Uncertainty-Aware IRL from Suboptimal Demonstrations

Motivation

Learning from Demonstration (LfD) allows agents to acquire behaviors from expert trajectories, but real-world demonstrations are often noisy, suboptimal, and inconsistent. Ranking-based LfD methods address this issue by learning from relative trajectory preferences, yet most ignore uncertainty in the learned reward, limiting robustness and downstream planning. We introduce Gaussian Ranking Inverse Reinforcement Learning (GR-IRL), a probabilistic framework that learns a distribution over rewards from ranked demonstrations by modeling both the expected reward and its uncertainty. This uncertainty-aware formulation enables more reliable reward inference, supports risk-sensitive planning, and improves policy learning in continuous-control tasks.

Method Overview

We learn a reward function from ranked, suboptimal demonstrations while explicitly modeling uncertainty. Our key idea is to represent the reward for each state–action pair as a Gaussian distribution, allowing the model to express confidence when ranking evidence is strong and caution when demonstrations are ambiguous.
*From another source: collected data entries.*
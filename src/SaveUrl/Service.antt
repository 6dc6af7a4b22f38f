-- ===== src/SaveUrl/Service.antt =====
-- internal/service/save_url.go: SaveURL and the slug of a new item.
use omnivore_go.Prelude.{
  ℕ, ◌%◌, ◌==◌, Text, codes, Bool, true, false, List, [], ◌∷◌, ◌++◌, Option, none, some, take, map,
  if◌then◌else◌,
}
use omnivore_go.Prelude.Int.{format_nat}
use omnivore_go.Prelude.Unicode.{Unicode, to_lower}
use omnivore_go.SaveUrl.Address.{UrlPackage, validate_and_clean_url}
use omnivore_go.SaveUrl.Items.{LibraryItem, Rows, QueuedFetch, is_at}

pub record SaveUrlInput : Type 0 where
  pub user_id : Text
  pub url : Text
  pub source : Text
  pub client_request_id : Text
  pub timezone : Option Text
  pub locale : Option Text
  pub labels : List Text

pub record SaveUrlResult : Type 0 where
  pub url : Text
  pub client_request_id : Text
  pub library_item_id : Text

unfoldable pub trim_slash : Text → Text
trim_slash [] = []
trim_slash (c ∷ []) = if c == b'/' then [] else c ∷ []
trim_slash (c ∷ d ∷ s) = c ∷ trim_slash (d ∷ s)

unfoldable pub dash_for : ℕ → ℕ → ℕ
dash_for old c = if c == old then b'-' else c

-- The slug of a parsed URL; its parts are ASCII here, so bytes are code points.
unfoldable pub slug_of : Unicode → Text → ℕ → Text
unfolding trim_slash dash_for
slug_of u host_and_path nanos =
    let dashed = map (dash_for b'.') (map (dash_for b'/') (trim_slash host_and_path)) in
    take 100 (to_lower u dashed) ++ (codes "-" ++ format_nat (nanos % 1000000))

module _ (net : UrlPackage) (unicode : Unicode) (db : Rows) where
  open net use {parse, hostname, path}
  open db use {Store, now, new_uuid, select_first, insert, save, add_job}

  -- `none`: the URL does not parse, and reading its parts panics.
  unfoldable pub generate_slug : Text → ℕ → Option Text
  unfolding slug_of
  generate_slug url nanos = elim (parse url) [
    | none ↦ none
    | some u ↦ some (slug_of unicode (hostname u ++ path u) nanos)
  ]

  unfoldable pub new_item : SaveUrlInput → Text → Text → Text → Store → LibraryItem
  new_item input url id slug s = record {
    id = id;
    user_id = input.user_id;
    original_url = url;
    slug = slug;
    title = url;
    state = codes "PROCESSING";
    item_type = codes "WEB";
    readable_content = [];
    folder = codes "inbox";
    saved_at = now s;
  }

  unfoldable pub fetch_request : SaveUrlInput → Text → Text → QueuedFetch
  fetch_request input url id = record {
    name = codes "fetch-content";
    request = record {
      url = url;
      user_id = input.user_id;
      library_item_id = id;
      folder = codes "inbox";
      priority = codes "high";
      state = codes "PROCESSING";
      timezone = input.timezone;
      locale = input.locale;
      labels = input.labels;
    };
    job_id = codes "fetch-content_" ++ input.client_request_id;
    attempts = 2;
    priority = 1;
    backoff = 2000;
  }

  unfoldable pub answer : SaveUrlInput → Text → Text → Bool × Store → Option SaveUrlResult × Store
  answer input url id (false, s) = (none, s)
  answer input url id (true, s) = (
    some (record { url = url; client_request_id = input.client_request_id; library_item_id = id }),
    s,
  )

  unfoldable pub enqueue_fetch :
      SaveUrlInput → Text → Text → Bool × Store → Option SaveUrlResult × Store
  enqueue_fetch input url id (false, s) = (none, s)
  enqueue_fetch input url id (true, s) =
      answer input url id (add_job (fetch_request input url id) s)

  unfoldable pub insert_item :
      SaveUrlInput → Text → Text → Option Text → Store → Option SaveUrlResult × Store
  insert_item input url id none s = (none, s)
  insert_item input url id (some slug) s =
      enqueue_fetch input url id (insert (new_item input url id slug s) s)

  unfoldable pub create_item : SaveUrlInput → Text → Text × Store → Option SaveUrlResult × Store
  create_item input url (id, s) = insert_item input url id (generate_slug url (now s)) s

  unfoldable pub update_item :
      SaveUrlInput → Text → LibraryItem → Store → Option SaveUrlResult × Store
  update_item input url i s =
      enqueue_fetch input url i.id
        (save (record i { state = codes "PROCESSING"; saved_at = now s }) s)

  unfoldable pub create_or_update :
      SaveUrlInput → Text → Option (Option LibraryItem) → Store → Option SaveUrlResult × Store
  create_or_update input url none s = (none, s)
  create_or_update input url (some none) s = create_item input url (new_uuid s)
  create_or_update input url (some (some i)) s = update_item input url i s

  unfoldable pub save_cleaned : SaveUrlInput → Option Text → Store → Option SaveUrlResult × Store
  save_cleaned input none s = (none, s)
  save_cleaned input (some url) s =
      create_or_update input url (select_first (is_at input.user_id url) s) s

  -- SaveURL; `none` is an error or a panic.
  unfoldable pub save_url : SaveUrlInput → Store → Option SaveUrlResult × Store
  save_url input s = save_cleaned input (validate_and_clean_url net input.url) s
The image below provides an intuition of the method:

The plots consist of trajectories from demonstrators with varied experience levels. In the red region, the data will provide strong and consistent ranking signals, hence ideally it should be assigned with low variance. While in the yellow one, demonstrators with different rankings give similar demonstrations, making the ranking ambiguous, which should be associated with high variance.

Gaussian Reward Model

We model the reward as:

\[R(s,a) \sim \mathcal{N}\big(\mu_\theta(s,a), \sigma^2_\phi(s,a)\big),\]

where neural networks predict both the mean reward \(\mu_\theta\) and the uncertainty \(\sigma^2_\phi\). High uncertainty naturally arises in regions where demonstrations overlap, preventing overconfident reward separation.

Ranking-Based Training

Given ranked trajectory pairs \((\tau_i \succ \tau_j)\), we optimize a likelihood that favors higher-ranked trajectories:

\[\mathcal{L}_{\text{rank}} = - \sum_{(i,j)} \log P(\tau_i \succ \tau_j).\]
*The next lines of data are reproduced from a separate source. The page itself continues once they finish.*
-- ===== src/SaveUrl/Once.antt =====
-- What SaveURL stores, and what it sends to be fetched.
use omnivore_go.Prelude.{
  ℕ, suc, ◌≤◌, Text, codes, text_eq, text_eq_refl, text_eq→eq, Bool, true, false, List, [], ◌∷◌,
  All, Option, none, some, ◌≡◌, refl, sym, ap, ◌∙◌, arith, ◌⊎◌, inl, inr, if◌then◌else◌, Bool-cases,
}
use omnivore_go.Prelude.Unicode.{Unicode}
use omnivore_go.SaveUrl.Address.{
  UrlPackage, validate_and_clean_url, is_tracking_param, without_tracking, values_of,
}
use omnivore_go.SaveUrl.Items.{LibraryItem, Rows, count, is_at, put_row}
use omnivore_go.SaveUrl.Service.{
  SaveUrlInput, SaveUrlResult, new_item, fetch_request, answer, enqueue_fetch, insert_item,
  create_item, update_item, create_or_update, save_cleaned, save_url,
}

-- Cleaning keeps all values of a parameter that is no tracking parameter, in their order, and
-- leaves none of one that is.
pub values_of-without_tracking :
    (k : Text) (q : List (Text × Text))
    → values_of k (without_tracking q) ≡ (if is_tracking_param k then [] else values_of k q)
unfolding values_of without_tracking
values_of-without_tracking k [] = ground arith
values_of-without_tracking k ((j, v) ∷ q) = elim (Bool-cases (text_eq j k)) [
  | inl e ↦
      let same = text_eq→eq j k e in
      let IH = values_of-without_tracking k q in rw (e, same) (ground (arith, IH))
  | inr e ↦ ground (arith, e, values_of-without_tracking k q)
]

count-put_row :
    (q : LibraryItem → Bool) (i j : LibraryItem) (rows : List LibraryItem)
    → All (λ k. (text_eq k.id i.id ≡ false) ⊎ (k ≡ i)) rows
    → j.id ≡ i.id
    → q j ≡ q i
    → count q (put_row j rows) ≡ count q rows
unfolding count
count-put_row q i j [] all e h = refl
count-put_row q i j (k ∷ rows) (inl other, all) e h =
    rw (e, other) (ground (arith, count-put_row q i j rows all e h))
count-put_row q i j (k ∷ rows) (inr same, all) e h =
    rw (e, same, text_eq_refl i.id) (ground (arith, h, count-put_row q i j rows all e h))

module _ (net : UrlPackage) (unicode : Unicode) (db : Rows) where
  open db use {Store, rows, add_job}

  some_inj : (x y : SaveUrlResult) → some x ≡ some y → y ≡ x
  some_inj x y e = cc

  answer-count :
      (input : SaveUrlInput) (url id : Text) (p : LibraryItem → Bool) (n : ℕ) (a : SaveUrlResult)
      (s s' : Store) (r : Bool × Store)
      → count p (rows s) ≡ n
      → add_job (fetch_request net unicode db input url id) s ≡ r
      → answer net unicode db input url id r ≡ (some a, s')
      → (a.url ≡ url) × (count p (rows s') ≡ n)
  unfolding answer
  answer-count input url id p n a s s' (false, t) many e k =
      let bad = ap (λ r. r.0) k in absurd (cc)
  answer-count input url id p n a s s' (true, t) many e k =
      let result = some_inj _ a (ap (λ r. r.0) k) in
      let kept = db.add_job_lem (fetch_request net unicode db input url id) s t e in
      let store = ap (λ r. r.1) k in
      (ap (λ x. x.url) result, ap (λ x. count p (rows x)) (sym store) ∙ ap (count p) kept ∙ many)

  enqueue_fetch-count :
      (input : SaveUrlInput) (url id : Text) (p : LibraryItem → Bool) (n : ℕ) (a : SaveUrlResult)
      (s' : Store) (r : Bool × Store)
      → ((t : Store) → r ≡ (true, t) → count p (rows t) ≡ n)
      → enqueue_fetch net unicode db input url id r ≡ (some a, s')
      → (a.url ≡ url) × (count p (rows s') ≡ n)
  unfolding enqueue_fetch
  enqueue_fetch-count input url id p n a s' (false, s) many h =
      let bad = ap (λ r. r.0) h in absurd (cc)
  enqueue_fetch-count input url id p n a s' (true, s) many h =
      answer-count input url id p n a s s' (add_job (fetch_request net unicode db input url id) s)
        (many s refl) refl h

  insert_item-count :
      (input : SaveUrlInput) (url id : Text) (o : Option Text) (a : SaveUrlResult) (s s' : Store)
      → count (is_at input.user_id url) (rows s) ≡ 0
      → insert_item net unicode db input url id o s ≡ (some a, s')
      → (a.url ≡ url) × (count (is_at input.user_id url) (rows s') ≡ 1)
  unfolding insert_item new_item count
  insert_item-count input url id none a s s' nothing h = let bad = ap (λ r. r.0) h in absurd (cc)
  insert_item-count input url id (some slug) a s s' nothing h =
      let item = new_item net unicode db input url id slug s in
      enqueue_fetch-count input url id (is_at input.user_id url) 1 a s' (db.insert item s)
        (λ t e.
          db.insert_lem (is_at input.user_id url) item s t e
          ∙ rw (text_eq_refl input.user_id, text_eq_refl url) (ap suc nothing))
        h

  update_item-count :
      (input : SaveUrlInput) (url : Text) (i : LibraryItem) (p : LibraryItem → Bool)
      (a : SaveUrlResult) (s s' : Store)
      → db.select_first p s ≡ some (some i)
      → update_item net unicode db input url i s ≡ (some a, s')
      → (a.url ≡ url)
        × (count (is_at input.user_id url) (rows s') ≡ count (is_at input.user_id url) (rows s))
  unfolding update_item
  update_item-count input url i p a s s' found h =
      let j : LibraryItem = record i { state = codes "PROCESSING"; saved_at = db.now s } in
      let q = is_at input.user_id url in
      enqueue_fetch-count input url i.id q (count q (rows s)) a s' (db.save j s)
        (λ t e.
          ap (count q) (db.save_lem j s t e)
          ∙ count-put_row q i j (rows s) (db.select_key p s i found) refl refl)
        h

  create_or_update-once :
      (input : SaveUrlInput) (url : Text) (o : Option (Option LibraryItem)) (a : SaveUrlResult)
      (s s' : Store)
      → count (is_at input.user_id url) (rows s) ≤ 1
      → db.select_first (is_at input.user_id url) s ≡ o
      → create_or_update net unicode db input url o s ≡ (some a, s')
      → (a.url ≡ url) × (count (is_at input.user_id url) (rows s') ≡ 1)
  unfolding create_or_update create_item
  create_or_update-once input url none a s s' few e h = let bad = ap (λ r. r.0) h in absurd (cc)
  create_or_update-once input url (some none) a s s' few e h =
      let nothing = db.select_none (is_at input.user_id url) s e in
      let t = (db.new_uuid s).1 in
      insert_item-count input url ((db.new_uuid s).0) _ a t s'
        (ap (count (is_at input.user_id url)) (db.new_uuid_lem s) ∙ nothing) h
  create_or_update-once input url (some (some i)) a s s' few e h =
      let (about, same) = update_item-count input url i (is_at input.user_id url) a s s' e h in
      let (some_row, passes) = db.select_some (is_at input.user_id url) s i e in
      (about, omega (arith, same, few, some_row))

  save_cleaned-once :
      (input : SaveUrlInput) (o : Option Text) (a : SaveUrlResult) (s s' : Store)
      → ((url : Text) → o ≡ some url → count (is_at input.user_id url) (rows s) ≤ 1)
      → save_cleaned net unicode db input o s ≡ (some a, s')
      → (o ≡ some a.url) × (count (is_at input.user_id a.url) (rows s') ≡ 1)
  unfolding save_cleaned
  save_cleaned-once input none a s s' few h = let bad = ap (λ r. r.0) h in absurd (cc)
  save_cleaned-once input (some url) a s s' few h =
      let (about, one) = create_or_update-once input url _ a s s' (few url refl) refl h in
      (ap some (sym about), ap (λ u. count (is_at input.user_id u) (rows s')) about ∙ one)

  -- When SaveURL answers, its answer is the URL that was given, checked and cleaned; and if no
  -- two rows were at one URL of the user, then exactly one row is at that URL behind it, whether
  -- the URL is new or was saved before.
  pub save_url-once :
      (input : SaveUrlInput) (a : SaveUrlResult) (s s' : Store)
      → ((url : Text) → count (is_at input.user_id url) (rows s) ≤ 1)
      → save_url net unicode db input s ≡ (some a, s')
      → (validate_and_clean_url net input.url ≡ some a.url)
        × (count (is_at input.user_id a.url) (rows s') ≡ 1)
  unfolding save_url
  save_url-once input a s s' few h =
      save_cleaned-once input (validate_and_clean_url net input.url) a s s' (λ url e. few url) h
Trajectory preference is modeled using a softmax over cumulative rewards:

\[P(\tau_i) = \frac{ \exp\!\left( \sum_{(s,a)\in\tau_i} \hat{R}(s,a) \right) }{ \sum_k \exp\!\left( \sum_{(s,a)\in\tau_k} \hat{R}(s,a) \right) }.\]
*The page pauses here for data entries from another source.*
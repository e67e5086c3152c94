-- ===== src/Server/RelayPool/Standby.antt =====
-- The preferred member of a `RelayPool` of pkg/server/relaypool.go through its life.
use ntwire.Base.{
  ℕ, zero, suc, String, ◌≡◌, refl, subst, Bool, true, false, not, ◌&&◌, Option, none, some, List,
  [], ◌∷◌, arith, set, ◌==◌, if◌then◌else◌, is_text,
}
use ntwire.Base.{is_text}
use ntwire.Server.RelayPool.{
  Member, Response, Pool, Publication, member_at, new_relay_pool, new_members, choose_preferred,
  healthy, unregistered, native_set, noted, is_changed, is_accepted, same_set, record_member,
  update_first, update_second, close,
}
use ntwire.Server.RelayPool.Preferred.{IsRegistered, IsResult, choose_preferred-Registered}
use ntwire.Server.RelayPool.World.{
  start, call, updates, publishes, closes, closes, publishes, updates, call, World, Step, Reach,
}

-- The preferred member is registered, and where there is none no member is.
abbrev pub IsPreferred : Pool → Type 0
IsPreferred p =
    ((i : ℕ) → p.preferred ≡ some i → IsRegistered p.members i)
    × (p.preferred ≡ none → healthy p.members ≡ false)

pub noted-IsPreferred :
    (changed set_changed : Bool) (members : List Member) (preferred : Option ℕ) (domain : String)
    (p : Pool)
    → ((i : ℕ) → preferred ≡ some i → IsRegistered members i)
    → (preferred ≡ none → healthy members ≡ false)
    → IsPreferred (noted changed set_changed members preferred domain p).0
unfolding noted
noted-IsPreferred changed set_changed members preferred domain p valid empty = (valid, empty)

pub update_first-IsPreferred :
    (stats : ℕ → ℕ × ℕ) (i : ℕ) (registered : Bool) (response : Response) (p : Pool)
    → IsPreferred p
    → IsPreferred (update_first stats i registered response p).0
unfolding update_first record_member
update_first-IsPreferred stats i registered response p h = closed_step p.closed
  where
    ok : Bool
    ok = is_accepted registered response p

    next : List Member
    next = set p.members i (record { registered = ok; response = response })

    recorded : (old : Member) → IsPreferred (record_member stats i old ok response p).0
    recorded old =
        let (found, empty, kept) = choose_preferred-Registered stats next p.preferred in
        noted-IsPreferred
          (is_changed i old ok response p.preferred (choose_preferred stats next p.preferred))
          (not (same_set (native_set p.members) (native_set next))) next
          (choose_preferred stats next p.preferred)
          (if ok && not (is_text response.domain "") && is_text p.pool_domain ""
            then response.domain
            else p.pool_domain)
          p (λ j e. subst (IsResult next) e found) empty

    member_step :
        (o : Option Member)
        → let r : Pool × Option Publication = elim o [
          | none ↦ (p, none)
          | some old ↦ record_member stats i old ok response p
        ] in
          IsPreferred r.0
    member_step none = h
    member_step (some old) = recorded old

    closed_step :
        (b : Bool)
        → let r : Pool × Option Publication =
            if b then (p, none) else elim (member_at p.members i) [
              | none ↦ (p, none)
              | some old ↦ record_member stats i old ok response p
            ] in
          IsPreferred r.0
    closed_step true = h
    closed_step false = member_step (member_at p.members i)

pub unregistered-healthy : (ms : List Member) → healthy (unregistered ms) ≡ false
unfolding healthy unregistered
unregistered-healthy [] = refl
unregistered-healthy (m ∷ ms) = unregistered-healthy ms

pub new_members-healthy : (n : ℕ) → healthy (new_members n) ≡ false
unfolding healthy new_members
new_members-healthy zero = refl
new_members-healthy (suc n) = new_members-healthy n

-- A property of a state that both branches of a step end in.
pub if_first :
    {A B C : Type 0} (P : A → Type 0) (b : Bool) (x y : A × B × C)
    → P x.0
    → P y.0
    → P (if b then x else y).0
if_first P true x y p q = p
if_first P false x y p q = q

pub update_second-IsPreferred :
    (t : Publication) (p : Pool) → IsPreferred p → IsPreferred (update_second t p).0
unfolding update_second
update_second-IsPreferred t p h =
    if_first IsPreferred (not p.closed && p.revision == t.at_revision) _ _ h h

pub close-IsPreferred : (p : Pool) → IsPreferred p → IsPreferred (close p).0
unfolding close
close-IsPreferred p h =
    if_first IsPreferred p.closed _ _ h
      (λ i e. absurd (grind (arith, e)), λ e. unregistered-healthy p.members)

-- After any sections of updates and closes, the preferred member is a registered one, and there is one
-- as long as any member is registered.
pub preferred-IsRegistered :
    (n : ℕ) (w : World)
    → Reach n w
    → ((i : ℕ) → w.pool.preferred ≡ some i → IsRegistered w.pool.members i)
      × (w.pool.preferred ≡ none → healthy w.pool.members ≡ false)
unfolding new_relay_pool
preferred-IsRegistered n _ start = (λ i e. absurd (grind (arith, e)), λ e. new_members-healthy n)
preferred-IsRegistered n w (call v _ r step) = go step (preferred-IsRegistered n v r)
  where
    go : {u : World} → Step v u → IsPreferred v.pool → IsPreferred u.pool
    go (updates stats i registered response _) h =
        update_first-IsPreferred stats i registered response v.pool h
    go (publishes front t back _ e) h = update_second-IsPreferred t v.pool h
    go (closes _) h = close-IsPreferred v.pool h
Uncertainty-Aware Likelihood

Exploiting the Gaussian reward form, we derive a closed-form expectation:

\[P(\tau_i) = \frac{ \exp\!\left( \sum \mu_\theta(s,a) + \tfrac{1}{2}\sum \sigma^2_\phi(s,a) \right) }{ \sum_k \exp\!\left( \sum \mu_\theta(s,a) + \tfrac{1}{2}\sum \sigma^2_\phi(s,a) \right) }.\]

This formulation integrates uncertainty directly into ranking, enabling adaptive margins and more reliable reward inference. After training, the learned mean reward is used for downstream policy optimization with standard reinforcement learning algorithms.

Experiments

Setup

We evaluate GR-IRL on continuous-control MuJoCo benchmarks (Hopper-v3, Ant-v3, HalfCheetah-v3) and the Atari environment Breakout. Demonstrations are generated following the T-REX pipeline by checkpointing TRPO agents at different training stages to obtain trajectories of varying quality, which are then ranked to form preference data.

Evaluation Protocol

The reward model is trained on ranked trajectory pairs and outputs both a mean reward and uncertainty. To assess reward quality, we train downstream actor–critic policies using the mean predicted reward and compare their performance against policies trained with T-REX rewards.

Results

GR-IRL achieves slightly higher trajectory ranking accuracy than T-REX across all benchmarks, indicating comparable ability to capture coarse preferences. More importantly, policies trained with GR-IRL rewards consistently achieve higher returns than those trained with T-REX rewards, demonstrating that uncertainty-aware reward modeling leads to more effective policy learning.

Reward Field Analysis

Visualizations in PCA space show that high-reward, low-variance regions align with expert demonstrations, while regions where trajectories overlap exhibit higher uncertainty. This behavior confirms that GR-IRL assigns confident rewards in unambiguous areas and remains cautious in ambiguous regions. In more complex tasks such as HalfCheetah-v3, greater trajectory overlap explains the increased difficulty of reward inference and the overall performance gap between environments.